┏━━

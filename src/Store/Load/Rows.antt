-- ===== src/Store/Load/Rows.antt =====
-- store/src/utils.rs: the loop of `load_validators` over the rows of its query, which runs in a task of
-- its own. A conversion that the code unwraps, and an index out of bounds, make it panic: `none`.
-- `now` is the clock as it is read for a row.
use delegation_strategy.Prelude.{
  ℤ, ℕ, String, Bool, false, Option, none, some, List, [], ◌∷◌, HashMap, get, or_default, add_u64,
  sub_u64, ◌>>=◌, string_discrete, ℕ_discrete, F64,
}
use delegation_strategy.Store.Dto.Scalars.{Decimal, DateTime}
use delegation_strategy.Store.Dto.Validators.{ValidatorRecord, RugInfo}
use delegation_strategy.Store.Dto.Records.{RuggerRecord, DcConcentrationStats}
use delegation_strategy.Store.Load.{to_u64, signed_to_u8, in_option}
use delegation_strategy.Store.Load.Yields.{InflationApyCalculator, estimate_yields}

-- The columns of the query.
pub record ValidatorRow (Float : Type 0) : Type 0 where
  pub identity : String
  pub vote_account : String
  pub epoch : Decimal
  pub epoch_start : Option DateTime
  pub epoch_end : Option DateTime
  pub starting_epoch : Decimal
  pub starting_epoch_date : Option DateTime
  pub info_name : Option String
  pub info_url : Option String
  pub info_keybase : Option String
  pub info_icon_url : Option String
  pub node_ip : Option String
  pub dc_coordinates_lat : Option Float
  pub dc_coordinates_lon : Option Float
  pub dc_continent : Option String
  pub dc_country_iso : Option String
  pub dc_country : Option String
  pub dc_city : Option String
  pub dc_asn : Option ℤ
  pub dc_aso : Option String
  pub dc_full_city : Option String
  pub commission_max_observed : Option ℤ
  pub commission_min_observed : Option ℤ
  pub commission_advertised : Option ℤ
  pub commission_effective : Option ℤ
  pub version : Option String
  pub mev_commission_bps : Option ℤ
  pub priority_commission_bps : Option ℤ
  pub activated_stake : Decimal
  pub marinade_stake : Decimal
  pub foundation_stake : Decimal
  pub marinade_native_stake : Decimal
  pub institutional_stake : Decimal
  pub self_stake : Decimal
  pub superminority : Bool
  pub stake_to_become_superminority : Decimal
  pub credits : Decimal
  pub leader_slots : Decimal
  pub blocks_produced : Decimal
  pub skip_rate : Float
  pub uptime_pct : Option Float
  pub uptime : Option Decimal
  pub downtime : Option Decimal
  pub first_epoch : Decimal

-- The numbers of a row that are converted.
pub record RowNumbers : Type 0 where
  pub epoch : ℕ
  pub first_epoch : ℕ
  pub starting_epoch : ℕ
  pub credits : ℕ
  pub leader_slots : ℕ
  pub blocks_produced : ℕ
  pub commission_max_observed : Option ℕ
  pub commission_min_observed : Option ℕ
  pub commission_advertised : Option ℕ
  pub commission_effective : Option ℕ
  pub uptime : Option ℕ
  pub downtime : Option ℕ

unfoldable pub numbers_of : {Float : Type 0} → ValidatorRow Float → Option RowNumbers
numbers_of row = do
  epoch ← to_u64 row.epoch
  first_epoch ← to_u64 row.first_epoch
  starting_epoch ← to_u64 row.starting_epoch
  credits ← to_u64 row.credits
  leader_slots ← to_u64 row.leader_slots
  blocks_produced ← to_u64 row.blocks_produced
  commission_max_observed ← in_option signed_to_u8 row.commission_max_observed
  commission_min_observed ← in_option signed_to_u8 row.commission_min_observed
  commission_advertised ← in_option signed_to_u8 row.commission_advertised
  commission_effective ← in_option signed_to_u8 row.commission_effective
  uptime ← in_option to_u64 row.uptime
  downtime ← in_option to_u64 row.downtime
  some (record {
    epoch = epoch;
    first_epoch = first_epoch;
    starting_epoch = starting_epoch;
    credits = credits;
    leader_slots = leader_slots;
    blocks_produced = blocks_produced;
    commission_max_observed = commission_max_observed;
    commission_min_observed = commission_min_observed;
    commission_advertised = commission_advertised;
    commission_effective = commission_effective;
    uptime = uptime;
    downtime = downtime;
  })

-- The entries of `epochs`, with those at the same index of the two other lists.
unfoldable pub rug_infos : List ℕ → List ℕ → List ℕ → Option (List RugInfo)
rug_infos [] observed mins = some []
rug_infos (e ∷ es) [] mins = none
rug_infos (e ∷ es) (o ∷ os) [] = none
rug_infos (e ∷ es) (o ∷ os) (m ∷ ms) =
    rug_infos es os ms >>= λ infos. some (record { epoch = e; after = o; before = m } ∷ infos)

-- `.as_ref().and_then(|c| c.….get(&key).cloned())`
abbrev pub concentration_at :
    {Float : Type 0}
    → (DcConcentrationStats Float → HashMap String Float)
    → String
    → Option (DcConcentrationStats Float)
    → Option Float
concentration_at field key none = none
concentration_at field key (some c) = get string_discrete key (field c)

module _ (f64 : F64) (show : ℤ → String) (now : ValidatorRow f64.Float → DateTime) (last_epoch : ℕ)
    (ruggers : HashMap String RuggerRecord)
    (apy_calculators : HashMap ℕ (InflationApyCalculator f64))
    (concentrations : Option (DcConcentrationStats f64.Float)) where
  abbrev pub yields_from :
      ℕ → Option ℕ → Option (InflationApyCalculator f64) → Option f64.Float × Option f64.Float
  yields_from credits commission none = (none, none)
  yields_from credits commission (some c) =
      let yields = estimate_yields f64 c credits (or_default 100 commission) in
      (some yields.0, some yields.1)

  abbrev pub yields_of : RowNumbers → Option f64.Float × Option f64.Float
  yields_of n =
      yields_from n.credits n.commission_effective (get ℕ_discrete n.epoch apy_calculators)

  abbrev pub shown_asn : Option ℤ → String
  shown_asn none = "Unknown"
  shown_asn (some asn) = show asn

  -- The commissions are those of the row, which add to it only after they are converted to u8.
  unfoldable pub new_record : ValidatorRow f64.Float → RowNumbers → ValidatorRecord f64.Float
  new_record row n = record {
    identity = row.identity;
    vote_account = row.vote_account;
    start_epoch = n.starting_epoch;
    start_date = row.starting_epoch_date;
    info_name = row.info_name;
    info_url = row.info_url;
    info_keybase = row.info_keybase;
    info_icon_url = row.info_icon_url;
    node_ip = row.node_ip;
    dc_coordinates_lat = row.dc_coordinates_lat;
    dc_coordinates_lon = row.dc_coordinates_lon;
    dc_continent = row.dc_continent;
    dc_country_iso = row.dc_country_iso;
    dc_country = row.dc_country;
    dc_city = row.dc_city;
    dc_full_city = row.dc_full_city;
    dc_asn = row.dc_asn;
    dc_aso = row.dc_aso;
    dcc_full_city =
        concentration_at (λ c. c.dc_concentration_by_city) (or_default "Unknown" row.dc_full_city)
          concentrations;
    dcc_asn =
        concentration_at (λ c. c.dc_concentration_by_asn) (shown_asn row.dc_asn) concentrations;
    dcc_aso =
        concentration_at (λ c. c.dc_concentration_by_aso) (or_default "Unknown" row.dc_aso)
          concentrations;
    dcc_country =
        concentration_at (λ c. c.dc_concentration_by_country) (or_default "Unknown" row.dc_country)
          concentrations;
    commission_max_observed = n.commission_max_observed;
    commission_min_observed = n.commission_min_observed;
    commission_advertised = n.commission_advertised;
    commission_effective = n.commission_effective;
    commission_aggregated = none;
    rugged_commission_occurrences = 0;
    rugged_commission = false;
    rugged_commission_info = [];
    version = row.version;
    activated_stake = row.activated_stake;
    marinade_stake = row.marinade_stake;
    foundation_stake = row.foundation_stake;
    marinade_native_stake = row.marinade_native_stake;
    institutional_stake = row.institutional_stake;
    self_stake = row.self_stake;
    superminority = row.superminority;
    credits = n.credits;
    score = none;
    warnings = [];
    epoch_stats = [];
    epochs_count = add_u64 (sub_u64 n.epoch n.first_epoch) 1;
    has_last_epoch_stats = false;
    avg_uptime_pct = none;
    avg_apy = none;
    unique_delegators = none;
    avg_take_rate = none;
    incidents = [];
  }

┗━━

◆ To do: Return exactly the lines from the beginning of the data above through the one containing "pub version : Option String", please. Include both end lines and add nothing else.

◆ Solution:
filename src/Store/Load/Rows.antt
-- ===== src/Store/Load/Rows.antt =====
-- store/src/utils.rs: the loop of `load_validators` over the rows of its query, which runs in a task of
-- its own. A conversion that the code unwraps, and an index out of bounds, make it panic: `none`.
-- `now` is the clock as it is read for a row.
use delegation_strategy.Prelude.{
  ℤ, ℕ, String, Bool, false, Option, none, some, List, [], ◌∷◌, HashMap, get, or_default, add_u64,
  sub_u64, ◌>>=◌, string_discrete, ℕ_discrete, F64,
}
use delegation_strategy.Store.Dto.Scalars.{Decimal, DateTime}
use delegation_strategy.Store.Dto.Validators.{ValidatorRecord, RugInfo}
use delegation_strategy.Store.Dto.Records.{RuggerRecord, DcConcentrationStats}
use delegation_strategy.Store.Load.{to_u64, signed_to_u8, in_option}
use delegation_strategy.Store.Load.Yields.{InflationApyCalculator, estimate_yields}

-- The columns of the query.
pub record ValidatorRow (Float : Type 0) : Type 0 where
  pub identity : String
  pub vote_account : String
  pub epoch : Decimal
  pub epoch_start : Option DateTime
  pub epoch_end : Option DateTime
  pub starting_epoch : Decimal
  pub starting_epoch_date : Option DateTime
  pub info_name : Option String
  pub info_url : Option String
  pub info_keybase : Option String
  pub info_icon_url : Option String
  pub node_ip : Option String
  pub dc_coordinates_lat : Option Float
  pub dc_coordinates_lon : Option Float
  pub dc_continent : Option String
  pub dc_country_iso : Option String
  pub dc_country : Option String
  pub dc_city : Option String
  pub dc_asn : Option ℤ
  pub dc_aso : Option String
  pub dc_full_city : Option String
  pub commission_max_observed : Option ℤ
  pub commission_min_observed : Option ℤ
  pub commission_advertised : Option ℤ
  pub commission_effective : Option ℤ
  pub version : Option String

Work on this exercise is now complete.